# Substrate poll



## Brian A (Mar 20, 2016)

Is 100% cypress mulch ideal? Is cypress mulch over rated? Soil? Soil mixed with sand? Maybe with mulch on top? Where does peat moss fit in?

Also, how often do you change your substrate and how deep do you make it?


----------



## thatoneguy (Mar 21, 2016)

I did a mixture of the eco-earth(cocohusk) and cypress mulch.

I might consider adding sand in next time, but I like the mixture I have now


----------



## chris00144 (Mar 21, 2016)

I think it's overrated I use a mix of dirt from my backyard mixed with sand and leaf litter I use a bag or two of cypress just bc I think it keeps mites and bugs out and help to hold her borrow


----------



## chris00144 (Mar 21, 2016)

I wouldn't do 100% cypress


----------



## beardeddragon111 (Mar 21, 2016)

I think its just preference.
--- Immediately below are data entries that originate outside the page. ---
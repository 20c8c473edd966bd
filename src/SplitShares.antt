-- ===== src/SplitShares.antt =====
-- apps/api/src/modules/bookings/split-calculator.ts: the shares of a split booking. Prices and fees
-- are integers of cents (database and configuration columns); the count is checked by the code.
pub mod Totals
mod Tests
use ardenne_padel_v.Prelude.{
  ◌==◌, replicate, ℤ, pos, sum_ℤ, ◌+ℤ◌, plain_error, Result, ok, err, Number, integer, ℕ, suc, ◌+◌,
  Bool, List, [], ◌∷◌, map,
}
use ardenne_padel_v.Money.{split_evenly}

pub data SplitServiceFeeAllocation : Type 0 where
  organizer pro_rata : SplitServiceFeeAllocation

pub record SplitShare : Type 0 where
  pub is_organizer : Bool
  pub base_amount_cents : ℤ
  pub service_fee_amount_cents : ℤ
  pub total_amount_cents : ℤ

pub record ComputeSplitSharesInput : Type 0 where
  pub base_price_total_cents : ℤ
  pub participant_count : Number
  pub service_fee_cents : ℤ
  pub allocation : SplitServiceFeeAllocation

infixl 5 ◌>>=◌
abbrev ◌>>=◌ : {A B : Type 0} → Result A → (A → Result B) → Result B
ok a >>= f = f a
err e >>= f = err e

-- `feeAmounts`, where the count is `suc others`
fee_amounts : SplitServiceFeeAllocation → ℤ → ℕ → Result (List ℤ)
fee_amounts organizer fee others = ok (fee ∷ replicate others (pos 0))
fee_amounts pro_rata fee others = split_evenly (integer fee) (integer (pos (suc others)))

-- `feeAmounts[index] ?? 0` for the first of the fees that are left
abbrev fee_or_zero : List ℤ → ℤ
fee_or_zero [] = pos 0
fee_or_zero (fee ∷ _) = fee

abbrev rest_of : List ℤ → List ℤ
rest_of [] = []
rest_of (_ ∷ fees) = fees

-- `baseAmounts.map(…)`
shares_from : ℕ → List ℤ → List ℤ → List SplitShare
shares_from index [] fees = []
shares_from index (base ∷ bases) fees =
    record {
      is_organizer = index == 0;
      base_amount_cents = base;
      service_fee_amount_cents = fee_or_zero fees;
      total_amount_cents = base +ℤ fee_or_zero fees;
    }
    ∷ shares_from (index + 1) bases (rest_of fees)

with_count : ComputeSplitSharesInput → Number → Result (List SplitShare)
unfolding fee_amounts shares_from
with_count input (integer (pos (suc others))) = do
  bases ← split_evenly (integer input.base_price_total_cents) (integer (pos (suc others)))
  fees ← fee_amounts input.allocation input.service_fee_cents others
  ok (shares_from 0 bases fees)
with_count input _ = err plain_error

-- `computeSplitShares`
unfoldable pub compute_split_shares : ComputeSplitSharesInput → Result (List SplitShare)
unfolding with_count
compute_split_shares input = with_count input input.participant_count

-- `shares.slice(1).reduce((sum, s) => sum + s.totalAmountCents, 0)`, what the organizer guarantees
-- (payments/split-checkout.service.ts)
unfoldable pub guaranteed_cents : List SplitShare → ℤ
guaranteed_cents [] = pos 0
guaranteed_cents (_ ∷ others) = sum_ℤ (map (λ s. s.total_amount_cents) others)
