-- ===== src/SplitShares/Totals.antt =====
-- The shares of a split booking add up to its price and its fee.
use ardenne_padel_v.Prelude.{
  length, replicate, All, ℤ, pos, int_laws, sum_ℤ, ◌+ℤ◌, Result, ok, err, integer, ok-injective, ℕ,
  zero, suc, ◌+◌, ◌<◌, ◌≡◌, refl, sym, ap, ap₂, ◌∙◌, subst, true, false, List, [], ◌∷◌, map, arith,
}
use ardenne_padel_v.Money.{floor_div, split_evenly}
use ardenne_padel_v.Money.Even.{IsNear, split_evenly_lem}
use ardenne_padel_v.SplitShares.{
  SplitServiceFeeAllocation, organizer, pro_rata, SplitShare, ComputeSplitSharesInput,
  compute_split_shares, ◌>>=◌, fee_amounts, rest_of, shares_from, with_count,
}

abbrev pub base_sum : List SplitShare → ℤ
base_sum shares = sum_ℤ (map (λ s. s.base_amount_cents) shares)

abbrev pub fee_sum : List SplitShare → ℤ
fee_sum shares = sum_ℤ (map (λ s. s.service_fee_amount_cents) shares)

abbrev pub total_sum : List SplitShare → ℤ
total_sum shares = sum_ℤ (map (λ s. s.total_amount_cents) shares)

-- Exactly the first share is the organizer's.
abbrev pub OrganizerFirst : List SplitShare → Type 0
OrganizerFirst [] = ⊥
OrganizerFirst (s ∷ others) = (s.is_organizer ≡ true) × All (λ o. o.is_organizer ≡ false) others

-- What each party pays of the fee, by who bears it.
abbrev pub FeeBorne : SplitServiceFeeAllocation → ℤ → List SplitShare → Type 0
FeeBorne organizer fee [] = ⊥
FeeBorne organizer fee (s ∷ others) =
    (s.service_fee_amount_cents ≡ fee) × All (λ o. o.service_fee_amount_cents ≡ pos 0) others
FeeBorne pro_rata fee shares =
    All (λ s. IsNear (floor_div fee (length shares)) s.service_fee_amount_cents) shares

sum-replicate : (n : ℕ) → sum_ℤ (replicate n (pos 0)) ≡ pos 0
sum-replicate zero = refl
sum-replicate (suc n) = rw (sum-replicate n) (omega int_laws)

length-replicate : (n : ℕ) (a : ℤ) → length (replicate n a) ≡ n
length-replicate zero a = refl
length-replicate (suc n) a = ap suc (length-replicate n a)

replicate-zero : (n : ℕ) → All (λ x. x ≡ pos 0) (replicate n (pos 0))
replicate-zero zero = tt
replicate-zero (suc n) = (refl, replicate-zero n)

shares_from-sums :
    (i : ℕ) (bases fees : List ℤ)
    → length bases ≡ length fees
    → let out = shares_from i bases fees in
      (length out ≡ length bases)
      × (base_sum out ≡ sum_ℤ bases)
      × (fee_sum out ≡ sum_ℤ fees)
      × (total_sum out ≡ sum_ℤ bases +ℤ sum_ℤ fees)
unfolding shares_from
shares_from-sums i [] [] h = (refl, refl, refl, omega int_laws)
shares_from-sums i [] (f ∷ fees) h = absurd (omega arith)
shares_from-sums i (b ∷ bases) [] h = absurd (omega arith)
shares_from-sums i (b ∷ bases) (f ∷ fees) h =
    let (n, p, q, r) = shares_from-sums (i + 1) bases fees (omega arith) in
    (ap suc n, rw p, rw q, rw r (omega int_laws))

shares_from-later :
    (i : ℕ) (bases fees : List ℤ)
    → 0 < i
    → All (λ o. o.is_organizer ≡ false) (shares_from i bases fees)
unfolding shares_from
shares_from-later i [] fees h = tt
shares_from-later i (b ∷ bases) fees h =
    (ground arith, shares_from-later (i + 1) bases (rest_of fees) (omega arith))

shares_from-fees {ℓ} :
    (P : ℤ → Type ℓ) (i : ℕ) (bases fees : List ℤ)
    → length bases ≡ length fees
    → All P fees
    → All (λ s. P s.service_fee_amount_cents) (shares_from i bases fees)
unfolding shares_from
shares_from-fees P i [] fees h a = tt
shares_from-fees P i (b ∷ bases) [] h a = absurd (omega arith)
shares_from-fees P i (b ∷ bases) (f ∷ fees) h a =
    (a.0, shares_from-fees P (i + 1) bases fees (omega arith) a.1)

fee_amounts_lem :
    (a : SplitServiceFeeAllocation) (fee : ℤ) (others : ℕ) {fees : List ℤ}
    → fee_amounts a fee others ≡ ok fees
    → (length fees ≡ suc others) × (sum_ℤ fees ≡ fee)
unfolding fee_amounts
fee_amounts_lem organizer fee others e =
    rw (← ok-injective e)
      (ap suc (length-replicate others (pos 0)), rw (sum-replicate others) (omega int_laws))
fee_amounts_lem pro_rata fee others e = let r = split_evenly_lem fee (suc others) e in (r.0, r.1)

-- A chain that succeeds has a first step that succeeds.
chain-ok :
    {A B : Type 0} {next : A → Result B} {out : B} (step : Result A)
    → (step >>= next) ≡ ok out
    → (value : A) × (next value ≡ ok out) × (step ≡ ok value)
chain-ok (ok value) h = (value, h, refl)
chain-ok (err _) h = cc

-- A result comes from a list of base amounts and one of fees.
with_count-parts :
    (input : ComputeSplitSharesInput) (others : ℕ) {out : List SplitShare}
    → with_count input (integer (pos (suc others))) ≡ ok out
    → (bases fees : List ℤ) × (split_evenly
          (integer input.base_price_total_cents)
          (integer (pos (suc others)))
        ≡ ok bases)
      × (fee_amounts input.allocation input.service_fee_cents others ≡ ok fees)
      × (shares_from 0 bases fees ≡ out)
unfolding with_count
with_count-parts input others e =
    let (bases, e', eb) = chain-ok (split_evenly _ _) e in
    let (fees, e'', ef) = chain-ok (fee_amounts _ _ _) e' in (bases, fees, eb, ef, ok-injective e'')

shares_from-OrganizerFirst :
    (bases fees : List ℤ) → 0 < length bases → OrganizerFirst (shares_from 0 bases fees)
unfolding shares_from
shares_from-OrganizerFirst [] fees h = absurd (omega arith)
shares_from-OrganizerFirst (b ∷ bases) fees h =
    (refl, shares_from-later 1 bases (rest_of fees) (omega arith))

-- Split shares are as many as the participants, add up to the price of the court and to the
-- service fee separately, and the totals to both together; the first is the organizer's, alone.
pub compute_split_shares_totals :
    (input : ComputeSplitSharesInput) (others : ℕ) {out : List SplitShare}
    → input.participant_count ≡ integer (pos (suc others))
    → compute_split_shares input ≡ ok out
    → (length out ≡ suc others)
      × (base_sum out ≡ input.base_price_total_cents)
      × (fee_sum out ≡ input.service_fee_cents)
      × (total_sum out ≡ input.base_price_total_cents +ℤ input.service_fee_cents)
      × OrganizerFirst out
unfolding compute_split_shares
compute_split_shares_totals input others {out} count e =
    let (bases, fees, eb, ef, same) =
      with_count-parts input others (subst (λ c. with_count input c ≡ ok out) count e) in
    let (nb, sb, _, _) = split_evenly_lem input.base_price_total_cents (suc others) eb in
    let (nf, sf) = fee_amounts_lem input.allocation input.service_fee_cents others ef in
    let (n, p, q, r) = shares_from-sums 0 bases fees (nb ∙ sym nf) in
    rw (← same) (
      n ∙ nb,
      p ∙ sb,
      q ∙ sf,
      r ∙ ap₂ ◌+ℤ◌ sb sf,
      shares_from-OrganizerFirst bases fees (omega arith),
    )

fee_amounts-FeeBorne :
    (a : SplitServiceFeeAllocation) (fee : ℤ) (others : ℕ) (bases : List ℤ) {fees : List ℤ}
    → fee_amounts a fee others ≡ ok fees
    → length bases ≡ suc others
    → FeeBorne a fee (shares_from 0 bases fees)
unfolding fee_amounts shares_from
fee_amounts-FeeBorne organizer fee others [] e nb = absurd (omega arith)
fee_amounts-FeeBorne organizer fee others (b ∷ bases) {fees} e nb = rw (← ok-injective e) (
  refl,
  shares_from-fees (λ x. x ≡ pos 0) 1 bases (replicate others (pos 0))
      (omega (arith, length-replicate others (pos 0))) (replicate-zero others),
)
fee_amounts-FeeBorne pro_rata fee others bases {fees} e nb =
    let (nf, _, near, _) = split_evenly_lem fee (suc others) e in
    let (n, _, _, _) = shares_from-sums 0 bases fees (nb ∙ sym nf) in
    rw (n, nb)
      (shares_from-fees (λ x. IsNear (floor_div fee (suc others)) x) 0 bases fees (nb ∙ sym nf)
        near)

-- The service fee is borne as the allocation says: by the organizer alone, or evenly to the cent.
pub compute_split_shares-FeeBorne :
    (input : ComputeSplitSharesInput) (others : ℕ) {out : List SplitShare}
    → input.participant_count ≡ integer (pos (suc others))
    → compute_split_shares input ≡ ok out
    → FeeBorne input.allocation input.service_fee_cents out
unfolding compute_split_shares
compute_split_shares-FeeBorne input others {out} count e =
    let (bases, fees, eb, ef, same) =
      with_count-parts input others (subst (λ c. with_count input c ≡ ok out) count e) in
    let (nb, _, _, _) = split_evenly_lem input.base_price_total_cents (suc others) eb in
    rw (← same) (fee_amounts-FeeBorne input.allocation input.service_fee_cents others bases ef nb)
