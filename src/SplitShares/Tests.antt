-- ===== src/SplitShares/Tests.antt =====
-- A court of 40.00 with a fee of 1.50, for four.
use ardenne_padel_v.Prelude.{
  length, pos, ◌+ℤ◌, ◌-ℤ◌, ok, integer, ℕ, ◌≡◌, refl, Bool, true, false, List, [], ◌∷◌,
}
use ardenne_padel_v.Money.{floor_div, times, split_evenly}
use ardenne_padel_v.SplitShares.{
  organizer, SplitShare, ComputeSplitSharesInput, compute_split_shares,
}
use ardenne_padel_v.SplitShares.Totals.{
  base_sum, fee_sum, total_sum, OrganizerFirst, FeeBorne, compute_split_shares_totals,
  compute_split_shares-FeeBorne,
}

abbrev sample_input : ComputeSplitSharesInput
sample_input = record {
  base_price_total_cents = pos 4001;
  participant_count = integer (pos 4);
  service_fee_cents = pos 150;
  allocation = organizer;
}

abbrev share : Bool → ℕ → ℕ → ℕ → SplitShare
share mine base fee total = record {
  is_organizer = mine;
  base_amount_cents = pos base;
  service_fee_amount_cents = pos fee;
  total_amount_cents = pos total;
}

abbrev sample_shares : List SplitShare
sample_shares =
    share true 1001 150 1151
    ∷ share false 1000 0 1000
    ∷ share false 1000 0 1000
    ∷ share false 1000 0 1000
    ∷ []

sample_computed : compute_split_shares sample_input ≡ ok sample_shares
unfolding compute_split_shares split_evenly floor_div times ◌+ℤ◌ ◌-ℤ◌
sample_computed = refl

compute_split_shares_totals_example :
    (length sample_shares ≡ 4)
    × (base_sum sample_shares ≡ pos 4001)
    × (fee_sum sample_shares ≡ pos 150)
    × (total_sum sample_shares ≡ pos 4001 +ℤ pos 150)
    × OrganizerFirst sample_shares
compute_split_shares_totals_example =
    compute_split_shares_totals sample_input 3 refl sample_computed

compute_split_shares-FeeBorne_example : FeeBorne organizer (pos 150) sample_shares
compute_split_shares-FeeBorne_example =
    compute_split_shares-FeeBorne sample_input 3 refl sample_computed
I use cypress mixed with sphagnum moss.


----------



## Dee-Dee Idrais (Mar 22, 2016)

I've been using hemlock mulch. It's 100% natural and my girl loves to burrow in it. Very inexpensive and easy to find in my area (MA/NH) border. It also smells very nice and I welcome that especially because Rockie's inclousure is in my office room. I keep it about 8 inches deep and replace it every 4-5 months. She goes to the bathroom outside of the inclousure, so it stays clean. I have never been able to find cypress mulch up here, so hemlock is a nice replacement. Also, I treat it with Eco smart spray which is pet and kids safe so I never have any bug issues.


----------



## Jrock23 (Mar 22, 2016)

Wow ok, I think this can be up for a debate lol.. I know cypress is recommend but i favor dirt best.


----------



## Jaredp (Mar 24, 2016)

So I had a situation the other day with my substrate. I had 100% cypress mulch which my Tegu seemed to love burrowing and digging in. Now when I first got him I fed him in the cage in a plastic bin because I was worried about compaction, he then outgrew my tub and he didn't like the walls so instead I used the cover as a tray inside the cage but sometimes he would walk around and get a couple of chips on his food. I then started feeding him outside the enclosure since my previous methods were not working great and so there was no chance of him ingesting the cypress mulch. However the other day I notice he looked like he had his mouth just gaped open and upon a closer look it was a giant piece of cypress which he was trying to eat... This freaked me out so I took all of the substrate out and I found a "weather proof" grass carpet at Home Depot (which my vet recommended I use for substrate) I cut it into 3 pieces so I could change it out once they get too dirty. Since then he has pooped and sure enough there were poop covered cypress mulch chips in the cage. Im thankful that he isn't compacted since they are passing but it was still freaky. Other recommendations on what to use would be helpful.
Jared


----------



## snibborsirk (Mar 24, 2016)

Jaredp said:


> So I had a situation the other day with my substrate. I had 100% cypress mulch which my Tegu seemed to love burrowing and digging in. Now when I first got him I fed him in the cage in a plastic bin because I was worried about compaction, he then outgrew my tub and he didn't like the walls so instead I used the cover as a tray inside the cage but sometimes he would walk around and get a couple of chips on his food. I then started feeding him outside the enclosure since my previous methods were not working great and so there was no chance of him ingesting the cypress mulch. However the other day I notice he looked like he had his mouth just gaped open and upon a closer look it was a giant piece of cypress which he was trying to eat... This freaked me out so I took all of the substrate out and I found a "weather proof" grass carpet at Home Depot (which my vet recommended I use for substrate) I cut it into 3 pieces so I could change it out once they get too dirty. Since then he has pooped and sure enough there were poop covered cypress mulch chips in the cage. Im thankful that he isn't compacted since they are passing but it was still freaky. Other recommendations on what to use would be helpful.
> Jared


Don't do the carpet - that stuff is terrible for reptiles - especially ones that like to burrow like tegus.


----------



## Jrock23 (Mar 24, 2016)

We all favor what we favor but their is the one thing that all substrate have in common.. and that is ''mold''


----------



## Justin (Mar 24, 2016)

I think regular dirt from outside is best. To help with mold I would add spring tails. Most issues with impaction are either humidity or substrate related.


----------



## Jrock23 (Mar 25, 2016)

Justin said:


> I think regular dirt from outside is best. To help with mold I would add spring tails. Most issues with impaction are either humidity or substrate related.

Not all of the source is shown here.